GIVEN RECORDS:
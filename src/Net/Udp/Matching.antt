-- ===== src/Net/Udp/Matching.antt =====
-- `wait_for` against the first occurrence of its pattern in the stream, for a pattern whose first byte
-- does not come again in it.
use pixel_multiverse_firmwar.Prelude.{
  ℕ, zero, suc, ◌+◌, ◌<◌, ◌≡◌, ◌≢◌, refl, sym, ap, ap₂, subst, ◌∙◌, Bool, true, false, ◌&&◌, Option,
  none, some, List, [], ◌∷◌, ◌++◌, ◌==◌, ==_iff, if◌then◌else◌, length, get_or, take, drop, arith,
  Bool-cases, inl, inr, All, take-All, length-append, length-take, take_all,
}
use pixel_multiverse_firmwar.Net.Udp.{
  Ring, Polls, pop, matched, drain_match, wait_loop, wait_for, receive,
}
use pixel_multiverse_firmwar.Net.Udp.Queue.{
  IsValid, view, concat, view-pop, pop-IsValid, receive-IsValid,
}
use pixel_multiverse_firmwar.Net.Udp.Stream.{
  stream, arrivals, NoBurst, view_empty, popped, view-receive_empty, concat-append,
}

-- The reference: the text behind the first occurrence of a pattern.
abbrev pub starts_with : List ℕ → List ℕ → Bool
starts_with [] s = true
starts_with (p ∷ ps) [] = false
starts_with (p ∷ ps) (x ∷ s) = p == x && starts_with ps s

unfoldable pub after : List ℕ → List ℕ → Option (List ℕ)
after pattern [] = none
after pattern (x ∷ s) =
    if starts_with pattern (x ∷ s) then some (drop (length pattern) (x ∷ s)) else after pattern s

-- The matching loop over the bytes as they come.
feed : List ℕ → ℕ → List ℕ → ℕ × List ℕ
feed pattern idx [] = (idx, [])
feed pattern idx (x ∷ s) =
    let idx' = matched pattern idx x in
    let rest = feed pattern idx' s in if idx' == length pattern then (idx', s) else rest

abbrev found : List ℕ → ℕ × List ℕ → Option (List ℕ)
found pattern f = if f.0 == length pattern then some f.1 else none

starts_with-append :
    (p s : List ℕ) → (starts_with p (p ++ s) ≡ true) × (drop (length p) (p ++ s) ≡ s)
starts_with-append [] s = (refl, refl)
starts_with-append (x ∷ p) s = let rest = starts_with-append p s in (ground (arith, rest.0), rest.1)

starts_with-mismatch :
    (p s : List ℕ) (k x : ℕ)
    → k < length p
    → (x == get_or p k 0) ≡ false
    → starts_with p (take k p ++ (x ∷ s)) ≡ false
starts_with-mismatch [] s k x lt ne = absurd (omega arith)
starts_with-mismatch (y ∷ p) s zero x lt ne = ground (arith, ne)
starts_with-mismatch (y ∷ p) s (suc k) x lt ne =
    ground (arith, starts_with-mismatch p s k x (omega arith) ne)

starts_with-short : (p s : List ℕ) → length s < length p → starts_with p s ≡ false
starts_with-short [] s h = absurd (omega arith)
starts_with-short (y ∷ p) [] h = refl
starts_with-short (y ∷ p) (x ∷ s) h = ground (arith, starts_with-short p s (omega arith))

after-short : (p s : List ℕ) → length s < length p → after p s ≡ none
unfolding after
after-short p [] h = refl
after-short p (x ∷ s) h = rw (starts_with-short p (x ∷ s) h) (after-short p s (omega arith))

take_next :
    (p : List ℕ) (k : ℕ) (s : List ℕ)
    → k < length p
    → take (suc k) p ++ s ≡ take k p ++ (get_or p k 0 ∷ s)
take_next [] k s h = absurd (omega arith)
take_next (y ∷ p) zero s h = refl
take_next (y ∷ p) (suc k) s h = ap (λ t. y ∷ t) (take_next p k s (omega arith))

module _ (c : ℕ) (cs : List ℕ) (once : All (λ b. b ≢ c) cs) where
  abbrev pattern_of : List ℕ
  pattern_of = c ∷ cs

  after-skip : (l t : List ℕ) → All (λ b. b ≢ c) l → after (c ∷ cs) (l ++ t) ≡ after (c ∷ cs) t
  unfolding after
  after-skip [] t h = refl
  after-skip (x ∷ l) t h =
      let other : (c == x) ≡ false = ground (arith, h.0) in rw other (after-skip l t h.1)

  -- A byte that does not go on with a partial match: no occurrence begins in the part matched.
  after-mismatch :
      (k x : ℕ) (s : List ℕ)
      → k < length (c ∷ cs)
      → (x == get_or (c ∷ cs) k 0) ≡ false
      → after (c ∷ cs) (take k (c ∷ cs) ++ (x ∷ s)) ≡ after (c ∷ cs) (x ∷ s)
  after-mismatch zero x s lt ne = refl
  after-mismatch (suc k) x s lt ne =
      unfold after in
      rw (starts_with-mismatch (c ∷ cs) s (suc k) x lt ne)
        (after-skip (take k cs) (x ∷ s) (take-All (λ b. b ≢ c) k cs once))

  after-whole : (s : List ℕ) → after (c ∷ cs) (c ∷ (cs ++ s)) ≡ some s
  unfolding after
  after-whole s = let whole = starts_with-append (c ∷ cs) s in rw (whole.0, whole.1) refl

  after-next : (x : ℕ) (s : List ℕ) → (x == c) ≡ false → after (c ∷ cs) (x ∷ s) ≡ after (c ∷ cs) s
  unfolding after
  after-next x s ne = let other : (c == x) ≡ false = ground (arith, ne) in rw other refl

  -- A byte that is the pattern's first and does not go on comes behind its first.
  first_breaks :
      (k x : ℕ)
      → k < length (c ∷ cs)
      → (x == get_or (c ∷ cs) k 0) ≡ false
      → (x == c) ≡ true
      → (1 == length (c ∷ cs)) ≡ false
  first_breaks zero x lt ne eq = absurd (ground (arith, ne, eq))
  first_breaks (suc k) x lt ne eq = ground (arith, lt)

  -- The loop, with `k` bytes of the pattern matched, finds what the reference finds in those bytes
  -- and the rest.
  feed-after :
      (s : List ℕ) (k : ℕ)
      → k < length (c ∷ cs)
      → found (c ∷ cs) (feed (c ∷ cs) k s) ≡ after (c ∷ cs) (take k (c ∷ cs) ++ s)
  unfolding feed
  feed-after [] k lt =
      let short : (k == length (c ∷ cs)) ≡ false = ground (arith, lt) in
      let none_there =
        after-short (c ∷ cs) (take k (c ∷ cs) ++ [])
          (omega (arith, length-append (take k (c ∷ cs)) [], length-take k (c ∷ cs), lt)) in
      rw short (sym none_there)
  feed-after (x ∷ s) k lt = elim (Bool-cases (x == get_or (c ∷ cs) k 0)) [
    | inl goes_on ↦
        let same : get_or (c ∷ cs) k 0 ≡ x = sym ((==_iff x (get_or (c ∷ cs) k 0)).0 goes_on) in
        let joined : take (suc k) (c ∷ cs) ++ s ≡ take k (c ∷ cs) ++ (x ∷ s) =
          take_next (c ∷ cs) k s lt ∙ ap (λ t. take k (c ∷ cs) ++ (t ∷ s)) same in
        let plus : k + 1 ≡ suc k = omega arith in
        elim (Bool-cases (suc k == length (c ∷ cs))) [
          | inl full ↦
              let len : suc k ≡ length (c ∷ cs) = (==_iff (suc k) (length (c ∷ cs))).0 full in
              let all : take (suc k) (c ∷ cs) ≡ c ∷ cs = take_all (suc k) (c ∷ cs) (sym len) in
              rw (goes_on, plus, full, full)
                (sym (after-whole s) ∙ ap (after (c ∷ cs)) (ap (λ t. t ++ s) (sym all) ∙ joined))
          | inr more ↦
              rw (goes_on, plus, more)
                (feed-after s (suc k) (ground (arith, lt, more)) ∙ ap (after (c ∷ cs)) joined)
        ]
    | inr breaks ↦
        let skip = after-mismatch k x s lt breaks in
        elim (Bool-cases (x == c)) [
          | inl again ↦
              let same : c ≡ x = sym ((==_iff x c).0 again) in
              let long : (1 == length (c ∷ cs)) ≡ false = first_breaks k x lt breaks again in
              rw (breaks, again, long)
                (feed-after s 1 (ground (arith, long))
                  ∙ (ap (λ t. after (c ∷ cs) (t ∷ s)) same ∙ sym skip))
          | inr other ↦
              let start : (0 == length (c ∷ cs)) ≡ false = ground arith in
              rw (breaks, other, start)
                (feed-after s 0 (omega arith) ∙ (sym (after-next x s other) ∙ sym skip))
        ]
  ]

feed-append :
    (p : List ℕ) (xs ys : List ℕ) (k : ℕ)
    → (k == length p) ≡ false
    → found p (feed p k (xs ++ ys)) ≡ (
        if (feed p k xs).0 == length p
        then some ((feed p k xs).1 ++ ys)
        else found p (feed p (feed p k xs).0 ys))
unfolding feed
feed-append p [] ys k h = rw h refl
feed-append p (x ∷ xs) ys k h = elim (Bool-cases (matched p k x == length p)) [
  | inl full ↦ rw (full, full) refl
  | inr more ↦ rw more (feed-append p xs ys (matched p k x) more)
]

feed_nil : (p : List ℕ) (k : ℕ) → (k == length p) ≡ false → found p (feed p k []) ≡ none
unfolding feed
feed_nil p k h = rw h refl

feed-unmatched :
    (p xs : List ℕ) (k : ℕ) → ((feed p k xs).0 == length p) ≡ false → (feed p k xs).1 ≡ []
unfolding feed
feed-unmatched p [] k h = refl
feed-unmatched p (x ∷ xs) k h = elim (Bool-cases (matched p k x == length p)) [
  | inl full ↦ absurd (ground arith)
  | inr more ↦ rw more (feed-unmatched p xs (matched p k x) (ground (arith, h, more)))
]

module _ (rb : ℕ) where
  drain_match-feed :
      (p : List ℕ) (n k : ℕ) (r : Ring)
      → IsValid rb r
      → r.count ≡ n
      → ((drain_match rb p n k r).0 ≡ (feed p k (view rb r)).0)
        × (view rb (drain_match rb p n k r).1 ≡ (feed p k (view rb r)).1)
        × IsValid rb (drain_match rb p n k r).1
  unfolding drain_match feed
  drain_match-feed p zero k r v e =
      let nothing = view_empty rb r e in
      (ap (λ t. (feed p k t).0) (sym nothing), nothing ∙ ap (λ t. (feed p k t).1) (sym nothing), v)
  drain_match-feed p (suc n) k r v e =
      let opened = view-pop rb r n e in
      let rest =
        drain_match-feed p n (matched p k (pop rb r).0) (pop rb r).1 (pop-IsValid rb r v)
          (popped rb r n e) in
      elim (Bool-cases (matched p k (pop rb r).0 == length p)) [
        | inl full ↦ rw (opened, full) (refl, refl, pop-IsValid rb r v)
        | inr more ↦ rw (opened, more) rest
      ]

  pub drain_match-IsValid :
      (p : List ℕ) (k : ℕ) (r : Ring) → IsValid rb r → IsValid rb (drain_match rb p r.count k r).1
  drain_match-IsValid p k r v = (drain_match-feed p r.count k r v refl).2

  abbrev pub outcome : Bool × Ring × Polls → Option (List ℕ)
  outcome w = if w.0 then some (stream rb w.1 w.2) else none

  wait_loop-feed :
      (p : List ℕ) (ps : Polls) (k : ℕ) (r : Ring)
      → (k == length p) ≡ false
      → IsValid rb r
      → NoBurst rb ps
      → outcome (wait_loop rb p k r ps) ≡ found p (feed p k (stream rb r ps))
  unfolding wait_loop
  wait_loop-feed p [] k r h v n =
      let d = drain_match-feed p r.count k r v refl in
      let m = drain_match rb p r.count k r in
      let split = feed-append p (view rb r) [] k h in
      elim (Bool-cases (m.0 == length p)) [
        | inl full ↦
            let same : ((feed p k (view rb r)).0 == length p) ≡ true =
              subst (λ t. (t == length p) ≡ true) d.0 full in
            rw full (ap (λ t. some (t ++ [])) d.1 ∙ sym (split ∙ rw same refl))
        | inr short ↦
            let same : ((feed p k (view rb r)).0 == length p) ≡ false =
              subst (λ t. (t == length p) ≡ false) d.0 short in
            rw short (sym (split ∙ rw (same, feed_nil p (feed p k (view rb r)).0 same) refl))
      ]
  wait_loop-feed p (q ∷ ps) k r h v n =
      let d = drain_match-feed p r.count k r v refl in
      let m = drain_match rb p r.count k r in
      let split = feed-append p (view rb r) (arrivals (q ∷ ps)) k h in
      elim (Bool-cases (m.0 == length p)) [
        | inl full ↦
            let same : ((feed p k (view rb r)).0 == length p) ≡ true =
              subst (λ t. (t == length p) ≡ true) d.0 full in
            rw full (ap (λ t. some (t ++ arrivals (q ∷ ps))) d.1 ∙ sym (split ∙ rw same refl))
        | inr short ↦
            let same : ((feed p k (view rb r)).0 == length p) ≡ false =
              subst (λ t. (t == length p) ≡ false) d.0 short in
            let drained : view rb m.1 ≡ [] = d.1 ∙ feed-unmatched p (view rb r) k same in
            let next : stream rb (receive rb m.1 q) ps ≡ arrivals (q ∷ ps) =
              ap (λ t. t ++ arrivals ps) (view-receive_empty rb m.1 q d.2 drained n.0)
              ∙ sym (concat-append q (concat ps)) in
            let ih =
              wait_loop-feed p ps m.0 (receive rb m.1 q) short (receive-IsValid rb q m.1 d.2) n.1 in
            rw short
              (ih ∙ (ap₂ (λ i t. found p (feed p i t)) d.0 next ∙ sym (split ∙ rw same refl)))
      ]

  -- With no burst above the ring's size, and for a pattern whose first byte does not come again in
  -- it: `wait_for` answers true exactly when the pattern occurs in what waits in the ring and in what
  -- the polls bring, and the stream that it leaves begins behind the first occurrence.
  pub wait_for-stream :
      (c : ℕ) (cs : List ℕ) (r : Ring) (ps : Polls)
      → All (λ b. b ≢ c) cs
      → IsValid rb r
      → NoBurst rb ps
      → outcome (wait_for rb (c ∷ cs) r ps) ≡ after (c ∷ cs) (stream rb r ps)
  unfolding wait_for
  wait_for-stream c cs r ps once v n =
      wait_loop-feed (c ∷ cs) ps 0 r (ground arith) v n
      ∙ feed-after c cs once (stream rb r ps) 0 (omega arith)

PROBLEM DETAILS: What is asked for is an exact copy of the lines above from the one containing "else found p" through the one containing "drain_match-feed p zero", and only those.

WRITTEN ANSWER:
        else found p (feed p (feed p k xs).0 ys))
unfolding feed
feed-append p [] ys k h = rw h refl
feed-append p (x ∷ xs) ys k h = elim (Bool-cases (matched p k x == length p)) [
  | inl full ↦ rw (full, full) refl
  | inr more ↦ rw more (feed-append p xs ys (matched p k x) more)
]

feed_nil : (p : List ℕ) (k : ℕ) → (k == length p) ≡ false → found p (feed p k []) ≡ none
unfolding feed
feed_nil p k h = rw h refl

feed-unmatched :
    (p xs : List ℕ) (k : ℕ) → ((feed p k xs).0 == length p) ≡ false → (feed p k xs).1 ≡ []
unfolding feed
feed-unmatched p [] k h = refl
feed-unmatched p (x ∷ xs) k h = elim (Bool-cases (matched p k x == length p)) [
  | inl full ↦ absurd (ground arith)
  | inr more ↦ rw more (feed-unmatched p xs (matched p k x) (ground (arith, h, more)))
]

module _ (rb : ℕ) where
  drain_match-feed :
      (p : List ℕ) (n k : ℕ) (r : Ring)
      → IsValid rb r
      → r.count ≡ n
      → ((drain_match rb p n k r).0 ≡ (feed p k (view rb r)).0)
        × (view rb (drain_match rb p n k r).1 ≡ (feed p k (view rb r)).1)
        × IsValid rb (drain_match rb p n k r).1
  unfolding drain_match feed
  drain_match-feed p zero k r v e =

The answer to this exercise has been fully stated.